Re-awakening the Marda Goldfield: Leeuwin unearths untapped high-grade zones
April 8, 2025 Off By MarketOpenIn a sector where the shine of gold is often dulled by overcooked narratives, Leeuwin Metals (ASX:LM1) has managed to quietly unearth a treasure trove hiding in plain sight.
Having only recently closed its acquisition of the Marda Gold Project from Ramelius Resources, Leeuwin’s forensic review of 350,000 metres of historical drilling data has yielded something of a geological resurrection.
The data reveals extensive, shallow, high-grade gold mineralisation that — crucially — sits outside the previously mined open pits across a 3km strike in Marda Central.
The numbers are compelling.
Standout intercepts include:
- 62m @ 1.94g/t Au from 102m (MRC292)
- 48m @ 1.95g/t Au from 94m (MRC346)
- 11m @ 6.9g/t Au from 21m (MRC364)
That’s not prospective arm-waving — that’s drill-bit truth.
According to Leeuwin Metals Executive Chairman Christopher Piggott,
“The drilling results uncovered by the review of Marda Central strengthen our view about the substantial upside at Marda. The results show there is extensive mineralisation outside the mined areas, including high-grade zones, and highlight the potential to create value by extending this mineralisation.”
The real kicker?
There’s been little to no deeper drilling in the region — remarkable, given that the mineralisation is hosted in banded iron formations (BIFs), geological structures renowned for their vertical continuity.
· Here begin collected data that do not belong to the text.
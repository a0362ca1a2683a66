-- ===== src/TestTool/Register/Consistent.antt =====
-- The credential that Main.tsx registers in the contract, the one it asks the backend to sign and
-- the one that the wallet holds.
use Prim.Native.String.{◌++◌}
use Prim.Native.String.append
use Prim.Native.Char.{Char}
use concordium_web3id.Common.{
  ◌≡◌, ◌≢◌, ◌↔◌, String, Bool, true, Option, none, some, [], ◌∷◌, ok, err, Result, refl, is_some,
  All, arith, ap, utf16_length,
}
use concordium_web3id.Registry.Types.{Index, Transaction, Error}
use concordium_web3id.Registry.Safety.{target, named, contract_at}
use concordium_web3id.Registry.Writing.{issue_credential}
use concordium_web3id.TestTool.Attributes.Form.{is_readable, parse_attributes_from_form_iff}
use concordium_web3id.TestTool.Register.{
  Scenario, regular, delayed, wrong_proof, wrong_attributes, Inputs, Credential, press, form_of,
  issuer_did, contract_of, kind_of, Commitments,
}
use concordium_web3id.TestTool.Register.Calls.{
  key_of_id, take_out, drop_prefix, did_prefix, commitments_of, register, registration_for,
}

drop_prefix-append : (p key : String) → drop_prefix p (p ++ key) ≡ some key
unfolding drop_prefix
drop_prefix-append String.[] key = ap some (append.nil key)
drop_prefix-append (String.◌∷◌ c p) key =
    rw (append.cons c p key) (ground (arith, drop_prefix-append p key))

take_out_found :
    (c : Char) (p id : String) {key : String}
    → drop_prefix (String.◌∷◌ c p) id ≡ some key
    → take_out (String.◌∷◌ c p) id ≡ key
unfolding take_out drop_prefix
take_out_found c p String.[] e = ground arith
take_out_found c p (String.◌∷◌ d id) e = grind arith

-- The key in an id that the wallet makes of the prefix and a key.
key_of_id-prefixed : (key : String) → key_of_id (did_prefix ++ key) ≡ key
unfolding key_of_id
key_of_id-prefixed key =
    take_out_found "d" "id:ccd:testnet:pkc:" (did_prefix ++ key) (drop_prefix-append did_prefix key)

module _ {Schema Keys : Type 0} (iso_string : String → Option String) where
  registration_for-named :
      (i : Inputs) (n : Index) (key : String) {t : Transaction Schema Keys}
      → registration_for iso_string i n key ≡ ok t
      → (target t.payload ≡ contract_at (some n))
        × (named t.parameter ≡ key ∷ [])
        × (utf16_length key ≡ 64)
  unfolding registration_for issue_credential
  registration_for-named i n key e = ground arith

  registered :
      (i : Inputs) (n : Index) (key : String) {t : Transaction Schema Keys}
      → some (registration_for iso_string i n (key_of_id (did_prefix ++ key))) ≡ some (ok t)
      → (target t.payload ≡ contract_at (some n))
        × (named t.parameter ≡ key ∷ [])
        × (utf16_length key ≡ 64)
  registered i n key {t} e =
      let is_key = key_of_id-prefixed key in registration_for-named i n key {t = t} cc

  register-named :
      (sc : Scenario) (i : Inputs) (n : Index) (key : String) {t : Transaction Schema Keys}
      → register iso_string sc i n (did_prefix ++ key) ≡ some (ok t)
      → (target t.payload ≡ contract_at (some n))
        × (named t.parameter ≡ key ∷ [])
        × (utf16_length key ≡ 64)
  unfolding register
  register-named regular i n key e = registered i n key e
  register-named delayed i n key e = cc
  register-named wrong_proof i n key e = registered i n key e
  register-named wrong_attributes i n key e = registered i n key e

module _ {Big : Type 0} (big_int : String → Option Big) (is_date : String → Bool)
    (show : Index → String) where
  press_index :
      (sc : Scenario) (i : Inputs) (provider : Bool) {n : Index} {c : Credential Big}
      → (press big_int is_date show sc i provider).request ≡ some (n, c)
      → (i.index ≡ some n) × (c.issuer ≡ issuer_did (show n))
  unfolding press contract_of kind_of
  press_index sc i provider e = ground arith

  -- What the credential's type and schema are taken from, by button.
  abbrev pub HasKind : Scenario → Inputs → Type 0
  HasKind delayed i = (i.manual_type ≢ none) × (i.manual_schema ≢ none)
  HasKind _ i = (i.type_from_contract ≢ none) × (i.schema_from_contract ≢ none)

  -- A button hands a credential to the wallet exactly when a contract is set, the type and the
  -- schema it uses are, the wallet is found, and its attributes can be read.
  pub press_iff :
      (sc : Scenario) (i : Inputs) (provider : Bool)
      → (is_some (press big_int is_date show sc i provider).request ≡ true) ↔ (
          (i.index ≢ none)
          × HasKind sc i
          × (provider ≡ true)
          × All (λ d. is_readable big_int is_date d ≡ true) (form_of sc i))
  unfolding press contract_of kind_of
  press_iff regular i provider =
      ground (arith, parse_attributes_from_form_iff big_int is_date (form_of regular i))
  press_iff delayed i provider =
      ground (arith, parse_attributes_from_form_iff big_int is_date (form_of delayed i))
  press_iff wrong_proof i provider =
      ground (arith, parse_attributes_from_form_iff big_int is_date (form_of wrong_proof i))
  press_iff wrong_attributes i provider =
      ground (arith, parse_attributes_from_form_iff big_int is_date (form_of wrong_attributes i))

module _ {Big : Type 0} (Schema Keys : Type 0) where
  -- What is sent, if anything is, registers the credential that the commitments are for, under a key
  -- of 64 code units, in the contract that they name.
  abbrev pub IsRegistered :
      Commitments Big → Option (Result Error (Transaction Schema Keys)) → Type 0
  IsRegistered m none = Unit
  IsRegistered m (some (err e)) = Unit
  IsRegistered m (some (ok t)) =
      (target t.payload ≡ contract_at (some m.index))
      × (named t.parameter ≡ m.holder_id ∷ [])
      × (utf16_length m.holder_id ≡ 64)

module _ {Big : Type 0} (Schema Keys : Type 0) (iso_string : String → Option String) where
  register-IsRegistered :
      (sc : Scenario) (i : Inputs) (key : String) (n : Index) (c : Credential Big)
      (r : Option (Result Error (Transaction Schema Keys)))
      → register iso_string sc i n (did_prefix ++ key) ≡ r
      → IsRegistered Schema Keys (commitments_of n c (did_prefix ++ key)) r
  register-IsRegistered sc i key n c none e = tt
  register-IsRegistered sc i key n c (some (err x)) e = tt
  register-IsRegistered sc i key n c (some (ok t)) e =
      let (at, names, long) = register-named iso_string sc i n key e in
      let is_key = key_of_id-prefixed key in (at, rw is_key names, rw is_key long)

module _ {Big : Type 0} (Schema Keys : Type 0) (big_int : String → Option Big)
    (is_date : String → Bool) (show : Index → String) (iso_string : String → Option String) where
  -- The credential that a button adds to the wallet names the contract entered as its issuer. When
  -- the wallet calls back with the prefix and a key as the id, the commitments to be signed are for
  -- that key and that contract; and so is the transaction if one is sent, and then the key has 64 code
  -- units.
  pub register-consistent :
      (sc : Scenario) (i : Inputs) (provider : Bool) (key : String) {n : Index} {c : Credential Big}
      → (press big_int is_date show sc i provider).request ≡ some (n, c)
      → let m = commitments_of n c (did_prefix ++ key) in
        (c.issuer ≡ issuer_did (show m.index))
        × (i.index ≡ some m.index)
        × (m.subindex ≡ 0)
        × (m.holder_id ≡ key)
        × IsRegistered Schema Keys m (register iso_string sc i n (did_prefix ++ key))
  register-consistent sc i provider key {n} {c} pressed =
      let (entered, issuer) = press_index big_int is_date show sc i provider pressed in
      (
        issuer,
        entered,
        refl,
        key_of_id-prefixed key,
        register-IsRegistered Schema Keys iso_string sc i key n c _ refl,
      )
Leeuwin has now launched drilling at Marda Central to chase down extensions to these zones, while simultaneously turning the magnifying glass to neighbouring prospects — Evanston, Golden Orb, and King Brown — all within the Marda camp and all with their own track records of gold production.
The Python and Dolly Pot prospects, in particular, read like forgotten legends.
Python boasts 46m @ 2.2g/t from 69m and 22m @ 3.27g/t from 98m, while Dolly Pot still carries 36m @ 1.83g/t from 92m and 30m @ 2.1g/t from 96m — results that would turn heads at any modern-day investor roadshow
The twist?
Much of this mineralisation sits beneath pits that barely scratched the surface, with historical mining often stopping at just 60–80m depth.
Leeuwin’s approach offers a rare mix of brownfields reliability and near-greenfields upside — with infrastructure access and existing mining legacy reducing development risk. For a junior, that’s a strategic sweet spot.
While the market has yet to fully price in the scope of this revitalised gold story, Leeuwin’s actions speak louder than words.
The drills are spinning.
The data is flowing.
And the gold, it seems, was there all along — just waiting for someone to look a little closer.
As Piggott summed it up:
“Given the success of this review, we will now conduct similar assessments of other key areas at Marda… with the expectation there will be additional brownfield targets identified.”
Leeuwin’s Marda project is fast becoming a textbook case of how a fresh set of eyes — and a willingness to dig into the archives — can redefine a project’s future.